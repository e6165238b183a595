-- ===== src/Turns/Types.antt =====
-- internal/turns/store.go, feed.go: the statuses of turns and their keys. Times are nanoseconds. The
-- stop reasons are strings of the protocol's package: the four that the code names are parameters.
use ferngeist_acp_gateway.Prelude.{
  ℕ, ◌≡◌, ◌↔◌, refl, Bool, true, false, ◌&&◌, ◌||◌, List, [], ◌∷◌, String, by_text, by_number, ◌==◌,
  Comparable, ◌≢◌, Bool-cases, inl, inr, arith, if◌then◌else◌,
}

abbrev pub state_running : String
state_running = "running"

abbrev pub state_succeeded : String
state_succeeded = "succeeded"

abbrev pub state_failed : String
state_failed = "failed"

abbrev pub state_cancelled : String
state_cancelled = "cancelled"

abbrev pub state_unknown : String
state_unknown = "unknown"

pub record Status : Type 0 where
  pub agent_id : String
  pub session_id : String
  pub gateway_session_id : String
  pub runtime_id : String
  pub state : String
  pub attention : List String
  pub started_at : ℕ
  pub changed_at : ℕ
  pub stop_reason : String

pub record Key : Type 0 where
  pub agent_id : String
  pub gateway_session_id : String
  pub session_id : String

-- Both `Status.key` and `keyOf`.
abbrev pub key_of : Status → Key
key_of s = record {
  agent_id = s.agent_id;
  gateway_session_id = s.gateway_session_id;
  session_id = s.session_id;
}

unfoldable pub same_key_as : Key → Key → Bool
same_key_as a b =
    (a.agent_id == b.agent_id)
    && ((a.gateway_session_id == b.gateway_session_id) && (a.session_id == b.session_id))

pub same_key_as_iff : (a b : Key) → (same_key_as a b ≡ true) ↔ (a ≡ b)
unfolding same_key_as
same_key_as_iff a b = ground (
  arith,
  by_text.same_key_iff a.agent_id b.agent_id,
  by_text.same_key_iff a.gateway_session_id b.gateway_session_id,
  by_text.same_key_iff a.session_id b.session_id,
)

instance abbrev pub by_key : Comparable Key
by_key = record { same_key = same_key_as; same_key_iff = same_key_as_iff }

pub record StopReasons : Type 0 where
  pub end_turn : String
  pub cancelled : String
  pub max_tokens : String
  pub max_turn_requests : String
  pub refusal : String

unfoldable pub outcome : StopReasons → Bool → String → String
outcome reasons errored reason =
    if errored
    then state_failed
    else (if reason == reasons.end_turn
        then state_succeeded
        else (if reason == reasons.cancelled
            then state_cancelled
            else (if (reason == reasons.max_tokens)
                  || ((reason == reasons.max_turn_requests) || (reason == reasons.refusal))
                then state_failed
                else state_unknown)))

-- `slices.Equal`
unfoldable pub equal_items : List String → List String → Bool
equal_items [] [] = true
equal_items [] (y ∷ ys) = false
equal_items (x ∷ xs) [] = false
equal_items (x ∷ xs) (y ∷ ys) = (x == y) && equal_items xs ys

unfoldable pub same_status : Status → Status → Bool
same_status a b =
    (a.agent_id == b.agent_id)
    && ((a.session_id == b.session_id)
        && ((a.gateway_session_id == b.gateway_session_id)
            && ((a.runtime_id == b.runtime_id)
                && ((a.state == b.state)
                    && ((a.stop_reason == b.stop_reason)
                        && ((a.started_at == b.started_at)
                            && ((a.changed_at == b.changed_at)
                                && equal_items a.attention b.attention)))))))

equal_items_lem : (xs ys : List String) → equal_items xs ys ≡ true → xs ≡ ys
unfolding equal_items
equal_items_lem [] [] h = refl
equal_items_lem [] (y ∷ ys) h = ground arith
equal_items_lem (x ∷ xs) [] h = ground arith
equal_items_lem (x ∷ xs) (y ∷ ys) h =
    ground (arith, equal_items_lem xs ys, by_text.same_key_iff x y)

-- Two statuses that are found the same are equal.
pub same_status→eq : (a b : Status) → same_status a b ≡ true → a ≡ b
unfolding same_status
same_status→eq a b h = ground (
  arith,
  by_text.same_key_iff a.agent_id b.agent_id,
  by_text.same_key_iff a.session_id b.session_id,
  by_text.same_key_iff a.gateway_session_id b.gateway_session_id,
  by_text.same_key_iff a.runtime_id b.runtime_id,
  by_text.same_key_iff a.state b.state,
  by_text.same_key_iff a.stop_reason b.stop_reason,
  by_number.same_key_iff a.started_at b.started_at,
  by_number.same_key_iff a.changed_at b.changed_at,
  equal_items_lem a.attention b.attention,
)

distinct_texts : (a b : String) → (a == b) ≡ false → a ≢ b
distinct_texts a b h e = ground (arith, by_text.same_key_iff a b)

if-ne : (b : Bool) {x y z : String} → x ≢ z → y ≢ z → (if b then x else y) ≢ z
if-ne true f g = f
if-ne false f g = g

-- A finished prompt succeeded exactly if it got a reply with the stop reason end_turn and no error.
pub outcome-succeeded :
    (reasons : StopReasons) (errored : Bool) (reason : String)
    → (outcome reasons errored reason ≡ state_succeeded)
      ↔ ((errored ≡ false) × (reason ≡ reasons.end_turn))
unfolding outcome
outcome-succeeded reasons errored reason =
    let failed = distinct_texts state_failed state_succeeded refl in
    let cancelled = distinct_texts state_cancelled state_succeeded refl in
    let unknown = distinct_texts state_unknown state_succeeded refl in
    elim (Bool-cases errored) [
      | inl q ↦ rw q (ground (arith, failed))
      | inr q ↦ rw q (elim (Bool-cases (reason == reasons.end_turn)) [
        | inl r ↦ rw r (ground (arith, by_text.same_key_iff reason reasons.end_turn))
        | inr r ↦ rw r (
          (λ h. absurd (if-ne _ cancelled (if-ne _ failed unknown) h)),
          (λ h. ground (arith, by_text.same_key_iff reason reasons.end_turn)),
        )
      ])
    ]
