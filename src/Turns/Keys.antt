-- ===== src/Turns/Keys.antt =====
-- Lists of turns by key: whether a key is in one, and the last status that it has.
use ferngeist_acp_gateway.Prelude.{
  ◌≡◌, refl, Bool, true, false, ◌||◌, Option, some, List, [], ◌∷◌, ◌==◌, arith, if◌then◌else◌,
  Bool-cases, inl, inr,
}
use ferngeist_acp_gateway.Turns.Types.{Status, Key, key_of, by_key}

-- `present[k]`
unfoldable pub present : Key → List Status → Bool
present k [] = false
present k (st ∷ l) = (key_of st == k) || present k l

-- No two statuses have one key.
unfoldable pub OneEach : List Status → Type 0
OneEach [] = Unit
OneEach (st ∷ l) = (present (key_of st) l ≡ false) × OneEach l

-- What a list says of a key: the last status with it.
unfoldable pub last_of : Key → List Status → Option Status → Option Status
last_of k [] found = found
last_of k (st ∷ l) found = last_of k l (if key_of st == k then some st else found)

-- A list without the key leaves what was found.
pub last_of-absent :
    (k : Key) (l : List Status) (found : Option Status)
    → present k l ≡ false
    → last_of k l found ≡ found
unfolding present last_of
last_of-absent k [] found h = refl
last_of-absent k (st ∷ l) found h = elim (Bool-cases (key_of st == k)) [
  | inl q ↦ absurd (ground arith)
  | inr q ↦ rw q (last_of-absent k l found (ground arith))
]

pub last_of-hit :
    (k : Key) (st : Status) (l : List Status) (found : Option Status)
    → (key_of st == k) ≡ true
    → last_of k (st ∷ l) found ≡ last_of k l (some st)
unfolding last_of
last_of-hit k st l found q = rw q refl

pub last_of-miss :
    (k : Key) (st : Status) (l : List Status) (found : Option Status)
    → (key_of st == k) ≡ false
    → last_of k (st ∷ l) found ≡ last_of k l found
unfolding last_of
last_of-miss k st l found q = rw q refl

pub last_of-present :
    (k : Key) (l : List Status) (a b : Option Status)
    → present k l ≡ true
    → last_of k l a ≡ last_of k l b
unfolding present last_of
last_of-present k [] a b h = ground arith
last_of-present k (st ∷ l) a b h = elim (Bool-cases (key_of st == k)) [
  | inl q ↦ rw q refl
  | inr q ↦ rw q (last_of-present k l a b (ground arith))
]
== == ==
Brief: Would you please give the number of lines in the data above that contain the string "absent"? Reply with that number only.

Output: 4